▸ **What this task involves**
Within the material below, transcribe exactly the lines from the one holding "filename src/Forensics/Collector/Tests.antt" through the one holding "abbrev evidence : EvidencePackage", keeping both ends and skipping the rest.

▸ **Supplied records**
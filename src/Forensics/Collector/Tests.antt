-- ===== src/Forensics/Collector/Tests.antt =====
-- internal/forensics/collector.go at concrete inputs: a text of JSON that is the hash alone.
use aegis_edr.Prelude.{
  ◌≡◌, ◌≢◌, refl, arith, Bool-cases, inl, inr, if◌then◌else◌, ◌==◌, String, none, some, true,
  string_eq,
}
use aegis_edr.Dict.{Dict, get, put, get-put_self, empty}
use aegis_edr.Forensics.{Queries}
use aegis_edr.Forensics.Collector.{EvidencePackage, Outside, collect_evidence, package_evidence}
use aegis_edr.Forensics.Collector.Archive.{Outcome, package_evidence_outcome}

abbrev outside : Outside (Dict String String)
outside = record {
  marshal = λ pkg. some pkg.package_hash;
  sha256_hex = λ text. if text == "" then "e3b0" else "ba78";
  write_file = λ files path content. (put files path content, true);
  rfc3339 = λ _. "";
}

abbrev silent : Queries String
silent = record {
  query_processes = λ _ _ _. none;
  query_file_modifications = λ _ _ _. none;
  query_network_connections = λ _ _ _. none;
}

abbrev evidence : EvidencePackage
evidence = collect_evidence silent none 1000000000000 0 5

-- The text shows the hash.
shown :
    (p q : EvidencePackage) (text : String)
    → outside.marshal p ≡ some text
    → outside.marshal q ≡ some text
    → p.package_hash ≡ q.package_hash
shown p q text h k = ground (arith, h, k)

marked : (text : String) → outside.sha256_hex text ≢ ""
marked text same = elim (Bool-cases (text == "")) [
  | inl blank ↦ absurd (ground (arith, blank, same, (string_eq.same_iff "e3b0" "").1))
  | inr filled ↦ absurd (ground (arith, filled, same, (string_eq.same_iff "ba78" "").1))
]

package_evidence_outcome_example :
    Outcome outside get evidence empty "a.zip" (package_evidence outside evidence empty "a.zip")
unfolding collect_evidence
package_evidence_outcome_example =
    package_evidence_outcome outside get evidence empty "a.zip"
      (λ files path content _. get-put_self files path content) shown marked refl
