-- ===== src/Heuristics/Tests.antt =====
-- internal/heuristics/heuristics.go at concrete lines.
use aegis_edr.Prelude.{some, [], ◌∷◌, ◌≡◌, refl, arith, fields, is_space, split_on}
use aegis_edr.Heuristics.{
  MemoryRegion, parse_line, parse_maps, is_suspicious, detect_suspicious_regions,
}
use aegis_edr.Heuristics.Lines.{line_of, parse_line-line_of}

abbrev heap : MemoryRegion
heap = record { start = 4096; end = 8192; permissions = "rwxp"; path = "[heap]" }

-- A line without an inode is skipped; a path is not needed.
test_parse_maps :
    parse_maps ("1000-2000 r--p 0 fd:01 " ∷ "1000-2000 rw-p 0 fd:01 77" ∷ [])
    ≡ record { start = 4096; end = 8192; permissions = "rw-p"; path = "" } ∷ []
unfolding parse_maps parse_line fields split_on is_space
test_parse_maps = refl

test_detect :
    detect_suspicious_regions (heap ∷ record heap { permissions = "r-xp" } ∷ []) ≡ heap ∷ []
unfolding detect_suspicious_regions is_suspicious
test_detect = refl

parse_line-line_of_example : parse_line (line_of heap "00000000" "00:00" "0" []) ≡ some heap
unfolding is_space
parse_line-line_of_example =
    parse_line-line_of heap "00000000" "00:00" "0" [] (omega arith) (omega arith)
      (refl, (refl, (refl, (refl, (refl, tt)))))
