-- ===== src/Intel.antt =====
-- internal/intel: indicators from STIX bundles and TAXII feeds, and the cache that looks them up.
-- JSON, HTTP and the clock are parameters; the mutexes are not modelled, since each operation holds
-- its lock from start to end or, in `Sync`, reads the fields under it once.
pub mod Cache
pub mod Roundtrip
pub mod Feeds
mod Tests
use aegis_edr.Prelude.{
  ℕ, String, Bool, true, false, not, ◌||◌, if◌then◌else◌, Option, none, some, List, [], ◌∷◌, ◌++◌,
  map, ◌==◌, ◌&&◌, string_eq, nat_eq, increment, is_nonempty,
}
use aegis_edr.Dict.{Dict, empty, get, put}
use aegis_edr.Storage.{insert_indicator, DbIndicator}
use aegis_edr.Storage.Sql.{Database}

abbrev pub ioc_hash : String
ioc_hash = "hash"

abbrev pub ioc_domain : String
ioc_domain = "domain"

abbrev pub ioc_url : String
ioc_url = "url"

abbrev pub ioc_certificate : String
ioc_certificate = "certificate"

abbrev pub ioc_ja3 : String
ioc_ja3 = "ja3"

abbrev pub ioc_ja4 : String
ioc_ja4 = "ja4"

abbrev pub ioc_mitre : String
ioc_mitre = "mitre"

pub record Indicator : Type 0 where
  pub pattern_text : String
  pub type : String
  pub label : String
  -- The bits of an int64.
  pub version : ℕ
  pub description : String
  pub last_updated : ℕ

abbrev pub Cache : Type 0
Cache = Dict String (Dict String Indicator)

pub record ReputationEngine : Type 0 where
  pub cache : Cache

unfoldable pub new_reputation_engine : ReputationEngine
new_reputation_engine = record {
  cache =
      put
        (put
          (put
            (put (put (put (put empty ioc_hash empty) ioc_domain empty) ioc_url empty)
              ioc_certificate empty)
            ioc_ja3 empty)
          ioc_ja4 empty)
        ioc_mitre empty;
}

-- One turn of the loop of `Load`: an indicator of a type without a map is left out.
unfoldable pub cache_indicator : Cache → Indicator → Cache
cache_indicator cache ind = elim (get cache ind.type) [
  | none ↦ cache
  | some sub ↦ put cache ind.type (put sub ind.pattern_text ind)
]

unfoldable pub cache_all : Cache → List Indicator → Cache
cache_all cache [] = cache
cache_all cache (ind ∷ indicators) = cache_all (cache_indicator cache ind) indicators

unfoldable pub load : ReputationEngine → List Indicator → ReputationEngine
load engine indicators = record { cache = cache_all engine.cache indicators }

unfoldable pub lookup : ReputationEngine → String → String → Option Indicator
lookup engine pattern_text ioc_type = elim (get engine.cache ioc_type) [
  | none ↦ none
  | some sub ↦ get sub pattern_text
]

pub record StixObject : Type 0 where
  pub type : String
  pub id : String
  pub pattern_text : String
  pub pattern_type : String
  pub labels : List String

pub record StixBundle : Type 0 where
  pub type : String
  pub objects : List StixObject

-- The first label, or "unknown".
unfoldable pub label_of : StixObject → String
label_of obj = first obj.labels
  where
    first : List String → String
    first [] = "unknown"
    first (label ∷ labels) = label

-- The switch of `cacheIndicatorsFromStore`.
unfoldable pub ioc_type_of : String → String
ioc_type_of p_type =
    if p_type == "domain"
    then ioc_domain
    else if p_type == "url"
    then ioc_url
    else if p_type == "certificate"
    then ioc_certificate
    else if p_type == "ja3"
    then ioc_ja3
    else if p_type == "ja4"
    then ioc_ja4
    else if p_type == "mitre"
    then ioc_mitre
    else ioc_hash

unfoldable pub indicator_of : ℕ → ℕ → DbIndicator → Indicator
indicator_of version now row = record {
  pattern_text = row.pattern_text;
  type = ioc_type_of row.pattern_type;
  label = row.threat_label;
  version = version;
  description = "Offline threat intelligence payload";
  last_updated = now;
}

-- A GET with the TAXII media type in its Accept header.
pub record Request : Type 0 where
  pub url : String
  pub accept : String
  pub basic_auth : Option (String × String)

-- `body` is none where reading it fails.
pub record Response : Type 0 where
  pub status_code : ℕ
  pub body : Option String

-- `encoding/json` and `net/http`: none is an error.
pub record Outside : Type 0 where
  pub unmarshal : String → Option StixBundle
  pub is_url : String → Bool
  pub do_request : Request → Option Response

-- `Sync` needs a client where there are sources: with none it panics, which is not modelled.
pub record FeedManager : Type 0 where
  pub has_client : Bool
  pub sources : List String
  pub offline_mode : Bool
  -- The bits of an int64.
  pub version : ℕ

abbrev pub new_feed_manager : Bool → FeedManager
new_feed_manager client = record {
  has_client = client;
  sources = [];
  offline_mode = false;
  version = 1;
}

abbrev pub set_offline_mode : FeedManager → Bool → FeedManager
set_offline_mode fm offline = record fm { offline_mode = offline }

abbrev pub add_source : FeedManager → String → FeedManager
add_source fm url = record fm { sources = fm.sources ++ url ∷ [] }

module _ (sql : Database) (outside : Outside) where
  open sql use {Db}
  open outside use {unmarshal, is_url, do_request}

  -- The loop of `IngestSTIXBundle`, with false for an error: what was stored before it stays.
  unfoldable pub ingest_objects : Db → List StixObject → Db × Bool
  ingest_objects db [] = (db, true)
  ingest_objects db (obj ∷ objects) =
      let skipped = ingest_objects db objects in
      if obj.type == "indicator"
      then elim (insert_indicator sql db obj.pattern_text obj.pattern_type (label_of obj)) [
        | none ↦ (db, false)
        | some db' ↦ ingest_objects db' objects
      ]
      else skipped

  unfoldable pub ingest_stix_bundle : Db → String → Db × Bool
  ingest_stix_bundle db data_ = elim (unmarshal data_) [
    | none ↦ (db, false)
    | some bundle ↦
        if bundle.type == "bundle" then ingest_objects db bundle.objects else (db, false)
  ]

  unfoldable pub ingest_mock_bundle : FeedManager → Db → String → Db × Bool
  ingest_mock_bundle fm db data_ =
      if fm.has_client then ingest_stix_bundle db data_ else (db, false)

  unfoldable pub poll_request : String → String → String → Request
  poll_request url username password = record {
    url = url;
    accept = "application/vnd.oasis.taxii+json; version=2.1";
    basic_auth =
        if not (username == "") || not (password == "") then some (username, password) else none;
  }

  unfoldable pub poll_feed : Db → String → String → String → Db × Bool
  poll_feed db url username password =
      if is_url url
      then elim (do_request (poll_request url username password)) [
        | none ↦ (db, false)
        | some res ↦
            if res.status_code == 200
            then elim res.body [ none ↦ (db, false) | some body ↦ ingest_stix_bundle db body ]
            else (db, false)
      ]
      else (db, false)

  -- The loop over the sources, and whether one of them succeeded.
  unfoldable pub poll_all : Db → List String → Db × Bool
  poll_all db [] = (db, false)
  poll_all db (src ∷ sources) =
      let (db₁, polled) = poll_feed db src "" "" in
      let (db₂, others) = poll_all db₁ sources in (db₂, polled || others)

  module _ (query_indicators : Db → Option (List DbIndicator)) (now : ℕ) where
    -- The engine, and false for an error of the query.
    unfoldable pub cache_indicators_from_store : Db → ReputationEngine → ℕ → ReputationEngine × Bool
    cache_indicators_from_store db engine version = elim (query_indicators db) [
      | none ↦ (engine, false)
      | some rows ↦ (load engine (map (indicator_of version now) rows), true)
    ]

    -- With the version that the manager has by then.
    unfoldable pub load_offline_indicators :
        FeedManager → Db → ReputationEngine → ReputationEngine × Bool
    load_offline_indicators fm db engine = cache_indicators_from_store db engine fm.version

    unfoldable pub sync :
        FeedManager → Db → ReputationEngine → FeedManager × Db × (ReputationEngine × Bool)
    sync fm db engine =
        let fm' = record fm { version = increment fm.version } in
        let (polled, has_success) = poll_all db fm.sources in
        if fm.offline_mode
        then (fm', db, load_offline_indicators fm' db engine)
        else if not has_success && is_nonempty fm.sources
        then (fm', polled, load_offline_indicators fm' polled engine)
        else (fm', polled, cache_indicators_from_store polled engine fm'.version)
--
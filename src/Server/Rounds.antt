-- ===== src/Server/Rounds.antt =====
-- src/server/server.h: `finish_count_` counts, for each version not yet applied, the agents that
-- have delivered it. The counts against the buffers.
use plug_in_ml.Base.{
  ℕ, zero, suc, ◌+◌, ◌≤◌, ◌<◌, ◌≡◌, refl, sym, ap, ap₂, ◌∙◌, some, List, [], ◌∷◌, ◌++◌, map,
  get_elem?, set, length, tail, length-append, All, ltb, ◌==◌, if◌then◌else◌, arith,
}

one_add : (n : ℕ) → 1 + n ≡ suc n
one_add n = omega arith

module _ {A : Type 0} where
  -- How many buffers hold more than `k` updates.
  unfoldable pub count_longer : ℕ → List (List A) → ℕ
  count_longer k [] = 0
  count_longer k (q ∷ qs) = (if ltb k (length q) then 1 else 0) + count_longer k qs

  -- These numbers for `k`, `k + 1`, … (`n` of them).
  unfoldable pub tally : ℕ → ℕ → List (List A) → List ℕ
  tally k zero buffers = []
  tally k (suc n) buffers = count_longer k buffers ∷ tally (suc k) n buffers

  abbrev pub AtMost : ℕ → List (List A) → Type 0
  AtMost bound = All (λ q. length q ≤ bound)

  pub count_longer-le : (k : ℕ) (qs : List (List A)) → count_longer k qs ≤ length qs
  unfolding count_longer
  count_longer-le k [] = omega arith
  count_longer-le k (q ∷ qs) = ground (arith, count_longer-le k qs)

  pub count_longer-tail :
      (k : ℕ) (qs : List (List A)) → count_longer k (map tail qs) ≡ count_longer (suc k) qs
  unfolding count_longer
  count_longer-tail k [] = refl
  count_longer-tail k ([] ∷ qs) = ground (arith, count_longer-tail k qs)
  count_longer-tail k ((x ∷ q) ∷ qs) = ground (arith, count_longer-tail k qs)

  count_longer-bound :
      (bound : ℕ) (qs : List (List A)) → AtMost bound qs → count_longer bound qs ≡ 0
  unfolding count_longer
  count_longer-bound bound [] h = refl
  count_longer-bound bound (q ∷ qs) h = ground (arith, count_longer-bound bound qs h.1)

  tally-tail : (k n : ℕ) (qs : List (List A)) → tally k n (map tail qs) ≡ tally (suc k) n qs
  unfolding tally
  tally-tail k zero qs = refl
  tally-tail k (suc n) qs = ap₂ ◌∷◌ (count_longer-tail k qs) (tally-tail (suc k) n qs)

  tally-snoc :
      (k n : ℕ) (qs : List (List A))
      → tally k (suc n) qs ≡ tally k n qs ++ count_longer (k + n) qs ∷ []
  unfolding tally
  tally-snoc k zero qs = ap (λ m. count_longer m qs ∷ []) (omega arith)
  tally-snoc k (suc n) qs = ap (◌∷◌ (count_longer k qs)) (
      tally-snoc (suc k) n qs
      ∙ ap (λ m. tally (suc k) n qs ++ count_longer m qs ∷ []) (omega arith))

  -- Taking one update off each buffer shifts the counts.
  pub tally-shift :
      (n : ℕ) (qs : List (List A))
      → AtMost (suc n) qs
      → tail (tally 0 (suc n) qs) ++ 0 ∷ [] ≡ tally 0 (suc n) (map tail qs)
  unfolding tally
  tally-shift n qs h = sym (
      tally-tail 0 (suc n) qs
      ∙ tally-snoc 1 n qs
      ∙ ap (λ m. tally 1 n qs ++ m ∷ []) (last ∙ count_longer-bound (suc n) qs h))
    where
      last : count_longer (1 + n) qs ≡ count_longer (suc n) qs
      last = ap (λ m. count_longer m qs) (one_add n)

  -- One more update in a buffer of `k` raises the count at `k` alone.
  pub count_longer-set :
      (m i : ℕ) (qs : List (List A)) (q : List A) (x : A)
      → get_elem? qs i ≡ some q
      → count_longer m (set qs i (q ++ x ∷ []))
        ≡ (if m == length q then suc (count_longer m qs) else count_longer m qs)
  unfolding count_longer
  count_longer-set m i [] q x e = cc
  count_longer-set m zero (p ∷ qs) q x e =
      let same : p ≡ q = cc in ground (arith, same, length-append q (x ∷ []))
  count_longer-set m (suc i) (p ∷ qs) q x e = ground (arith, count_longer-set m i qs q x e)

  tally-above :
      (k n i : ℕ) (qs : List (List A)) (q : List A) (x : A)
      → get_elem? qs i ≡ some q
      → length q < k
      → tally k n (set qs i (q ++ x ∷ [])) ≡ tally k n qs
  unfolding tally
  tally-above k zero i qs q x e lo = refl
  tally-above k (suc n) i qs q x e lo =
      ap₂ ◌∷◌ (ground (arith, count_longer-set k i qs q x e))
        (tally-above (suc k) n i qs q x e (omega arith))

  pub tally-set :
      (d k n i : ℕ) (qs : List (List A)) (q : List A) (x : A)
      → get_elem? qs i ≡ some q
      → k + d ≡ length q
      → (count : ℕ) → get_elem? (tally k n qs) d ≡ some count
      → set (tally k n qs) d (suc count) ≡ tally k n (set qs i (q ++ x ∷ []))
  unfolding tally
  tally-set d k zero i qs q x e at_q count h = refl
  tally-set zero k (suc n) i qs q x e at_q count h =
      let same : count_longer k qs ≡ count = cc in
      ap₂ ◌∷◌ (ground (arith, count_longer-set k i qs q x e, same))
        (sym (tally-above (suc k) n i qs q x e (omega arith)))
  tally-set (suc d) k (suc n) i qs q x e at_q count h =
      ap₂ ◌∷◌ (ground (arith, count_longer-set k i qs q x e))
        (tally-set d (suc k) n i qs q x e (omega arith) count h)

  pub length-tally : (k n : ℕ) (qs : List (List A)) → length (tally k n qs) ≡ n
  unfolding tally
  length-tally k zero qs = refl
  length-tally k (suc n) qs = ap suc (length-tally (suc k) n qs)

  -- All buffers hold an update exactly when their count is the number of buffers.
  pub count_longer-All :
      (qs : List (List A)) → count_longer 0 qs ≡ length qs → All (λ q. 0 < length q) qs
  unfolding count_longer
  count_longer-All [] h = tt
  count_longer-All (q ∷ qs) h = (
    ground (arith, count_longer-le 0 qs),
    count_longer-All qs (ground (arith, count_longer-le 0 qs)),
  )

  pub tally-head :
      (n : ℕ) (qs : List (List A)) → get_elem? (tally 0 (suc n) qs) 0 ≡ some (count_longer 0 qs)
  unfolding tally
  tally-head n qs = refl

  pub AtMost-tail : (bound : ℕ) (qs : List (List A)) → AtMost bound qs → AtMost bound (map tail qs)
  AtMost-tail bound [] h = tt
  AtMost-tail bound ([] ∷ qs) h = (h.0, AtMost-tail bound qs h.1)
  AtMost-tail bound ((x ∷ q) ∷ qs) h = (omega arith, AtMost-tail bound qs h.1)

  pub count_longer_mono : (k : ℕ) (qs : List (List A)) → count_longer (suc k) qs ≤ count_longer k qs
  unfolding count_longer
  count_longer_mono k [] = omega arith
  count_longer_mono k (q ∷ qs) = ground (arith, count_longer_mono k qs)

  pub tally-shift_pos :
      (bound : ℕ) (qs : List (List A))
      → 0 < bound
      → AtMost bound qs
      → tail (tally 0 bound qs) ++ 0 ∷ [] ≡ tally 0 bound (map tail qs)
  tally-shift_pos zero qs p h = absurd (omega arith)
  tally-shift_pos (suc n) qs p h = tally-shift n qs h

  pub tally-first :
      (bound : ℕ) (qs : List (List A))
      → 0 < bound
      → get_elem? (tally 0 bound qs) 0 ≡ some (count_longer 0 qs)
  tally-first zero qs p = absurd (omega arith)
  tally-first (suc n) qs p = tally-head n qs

▸ **Reply**
filename src/Forensics/Collector/Tests.antt
-- ===== src/Forensics/Collector/Tests.antt =====
-- internal/forensics/collector.go at concrete inputs: a text of JSON that is the hash alone.
use aegis_edr.Prelude.{
  ◌≡◌, ◌≢◌, refl, arith, Bool-cases, inl, inr, if◌then◌else◌, ◌==◌, String, none, some, true,
  string_eq,
}
use aegis_edr.Dict.{Dict, get, put, get-put_self, empty}
use aegis_edr.Forensics.{Queries}
use aegis_edr.Forensics.Collector.{EvidencePackage, Outside, collect_evidence, package_evidence}
use aegis_edr.Forensics.Collector.Archive.{Outcome, package_evidence_outcome}

abbrev outside : Outside (Dict String String)
outside = record {
  marshal = λ pkg. some pkg.package_hash;
  sha256_hex = λ text. if text == "" then "e3b0" else "ba78";
  write_file = λ files path content. (put files path content, true);
  rfc3339 = λ _. "";
}

abbrev silent : Queries String
silent = record {
  query_processes = λ _ _ _. none;
  query_file_modifications = λ _ _ _. none;
  query_network_connections = λ _ _ _. none;
}

abbrev evidence : EvidencePackage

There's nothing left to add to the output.